WHAT YOU WILL DO >>
When a line in the data below includes "reads", pick it out and copy it.

━━ MATERIAL SHOWN ━━

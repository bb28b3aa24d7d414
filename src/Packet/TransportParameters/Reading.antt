-- ===== src/Packet/TransportParameters/Reading.antt =====
-- The loop over transport parameters reads what was written (src/aioquic/quic/packet.py).
use aioquic.Base.{
  ℕ, zero, suc, ◌+◌, ◌-◌, ◌≤◌, ◌<◌, ◌≡◌, refl, ap, sym, ◌∙◌, arith, true, false, inl, inr,
  Option-cases, Option, some, List, [], ◌∷◌, ◌++◌, ◌==◌, length, length-append, length-drop,
  append_assoc,
}
use mathlib.Core.Path.{subst}
use aioquic.Base.Exception.{ok}
use aioquic.Buffer.{Buffer, eof, tell, advance}
use aioquic.Buffer.Pulls.{Pulls, rest, rest-advance, InBounds, advance-InBounds, Pulls-ok}
use aioquic.Buffer.Varint.{Fits, uint_var, pull_uint_var_lem}
use aioquic.Packet.TransportParameters.{
  ParamType, Value, QuicTransportParameters, params, type_of, set_param, pull_value, pull_typed,
  pull_param, pull_params,
}
use aioquic.Packet.TransportParameters.Values.{value_type, IsValue, value_bytes, pull_value_lem}
use aioquic.Packet.TransportParameters.Writing.{AllParams, all_bytes, AllFit, set_all, Known}

pull_param_lem :
    (param_id : ℕ) (value : Value) (acc : QuicTransportParameters)
    → type_of params param_id ≡ some (value_type value)
    → IsValue value
    → Pulls
        (pull_param param_id (length (value_bytes value)) acc)
        (value_bytes value)
        (set_param acc param_id value)
unfolding pull_param
pull_param_lem param_id value acc k v =
    subst
      (λ (t : Option ParamType).
        Pulls (pull_typed t param_id (length (value_bytes value)) acc) (value_bytes value)
          (set_param acc param_id value))
      (sym k)
      (Pulls-ok (pull_value (value_type value) (length (value_bytes value)))
        (λ w. set_param acc param_id w) (value_bytes value) value (pull_value_lem value v))

uint_var_filled : (v : ℕ) → Fits v → 0 < length (uint_var v)
uint_var_filled v h = ground arith

more_left : (b : Buffer) (n : ℕ) → 0 < n → b.pos + n ≤ length b.memory → eof b ≡ false
more_left b n h k = ground (arith, h, k)

pub equal_self : (n : ℕ) → (n == n) ≡ true
equal_self n = ground arith

-- The buffer after one parameter, and the round that reads it.
pub record Read (b : Buffer) (param_id : ℕ) (value : Value) (acc : QuicTransportParameters)
    (after : List ℕ) : Type 0 where
  pub c : Buffer
  pub left : rest c ≡ after
  pub bound : InBounds c
  pub round :
      (rounds : ℕ)
      → pull_params (suc rounds) acc b ≡ pull_params rounds (set_param acc param_id value) c

pub read :
    (b : Buffer) (param_id : ℕ) (value : Value) (acc : QuicTransportParameters) (after : List ℕ)
    → Fits param_id
    → type_of params param_id ≡ some (value_type value)
    → IsValue value
    → length (value_bytes value) ≤ 65536
    → InBounds b
    → rest b
      ≡ uint_var param_id ++ (uint_var (length (value_bytes value)) ++ (value_bytes value ++ after))
    → Read b param_id value acc after
unfolding pull_params
read b param_id value acc after f k v l i e =
    let bytes = value_bytes value in
    let c = advance b (length (uint_var param_id)) in
    let d = advance c (length (uint_var (length bytes))) in
    let e1 = rest-advance b (uint_var param_id) (uint_var (length bytes) ++ (bytes ++ after)) e in
    let i1 =
      advance-InBounds b (uint_var param_id) (uint_var (length bytes) ++ (bytes ++ after)) i e in
    let e2 = rest-advance c (uint_var (length bytes)) (bytes ++ after) e1 in
    let i2 = advance-InBounds c (uint_var (length bytes)) (bytes ++ after) i1 e1 in
    let more : eof b ≡ false =
      more_left b (length (uint_var param_id)) (uint_var_filled param_id f) i1 in
    let whole : (tell (advance d (length bytes)) == (tell d + length bytes)) ≡ true =
      equal_self (tell d + length bytes) in
    record {
      c = advance d (length bytes);
      left = rest-advance d bytes after e2;
      bound = advance-InBounds d bytes after i2 e2;
      round = λ rounds.
          rw
            (
              more,
              pull_uint_var_lem param_id f b (uint_var (length bytes) ++ (bytes ++ after)) i e,
              pull_uint_var_lem (length bytes) (omega arith) c (bytes ++ after) i1 e1,
              pull_param_lem param_id value acc k v d after i2 e2,
              whole,
            )
            refl;
    }

-- A parameter takes a round.
fewer :
    (param_id : ℕ) (value : Value) (after : List ℕ) (rounds : ℕ)
    → Fits param_id
    → length (
        (uint_var param_id ++ (uint_var (length (value_bytes value)) ++ value_bytes value))
        ++ after)
      ≤ rounds
    → (r : ℕ) × (rounds ≡ suc r) × (length after ≤ r)
fewer param_id value after rounds f h =
    let bytes = value_bytes value in
    let front = uint_var (length bytes) ++ bytes in
    let one = uint_var_filled param_id f in
    let sum = length-append (uint_var param_id ++ front) after in
    let part = length-append (uint_var param_id) front in
    (rounds - 1, omega (arith, h, one, sum, part), omega (arith, h, one, sum, part))

pub pull_params_lem :
    (ids : List (ℕ × ParamType)) (p acc : QuicTransportParameters) (rounds : ℕ) (b : Buffer)
    → AllFit ids
    → Known ids
    → AllParams ids p
    → InBounds b
    → rest b ≡ all_bytes ids p
    → length (all_bytes ids p) ≤ rounds
    → pull_params rounds acc b ≡ ok (set_all ids p acc)
unfolding pull_params
pull_params_lem [] p acc zero b f k v i e h = refl
pull_params_lem [] p acc (suc rounds) b f k v i e h =
    let done : eof b ≡ true = ground (arith, ap length e, length-drop b.pos b.memory, i) in
    rw done refl
pull_params_lem ((param_id, param_type) ∷ ids) p acc rounds b (f, fs) (k, ks) (v, vs) i e h =
    elim (Option-cases (p param_id)) [
      | inl n ↦ rw n (pull_params_lem ids p acc rounds b fs ks vs i (rw n at e) (rw n at h))
      | inr (value, n) ↦
          let (t, w, l) = rw n at v in
          let bytes = value_bytes value in
          let r = read b param_id value acc (all_bytes ids p) f (k ∙ ap some (sym t)) w l i (
            (rw n at e)
            ∙ append_assoc (uint_var param_id) (uint_var (length bytes) ++ bytes) (all_bytes ids p)
            ∙ ap (λ xs. uint_var param_id ++ xs)
                (append_assoc (uint_var (length bytes)) bytes (all_bytes ids p))) in
          let size = fewer param_id value (all_bytes ids p) rounds f (rw n at h) in
          rw (n, size.1)
            (r.round size.0
              ∙ pull_params_lem ids p (set_param acc param_id value) size.0 r.c fs ks vs r.bound
                  r.left size.2)
    ]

━━━

REPLY TO THE EXERCISE >>
-- The loop over transport parameters reads what was written (src/aioquic/quic/packet.py).
-- The buffer after one parameter, and the round that reads it.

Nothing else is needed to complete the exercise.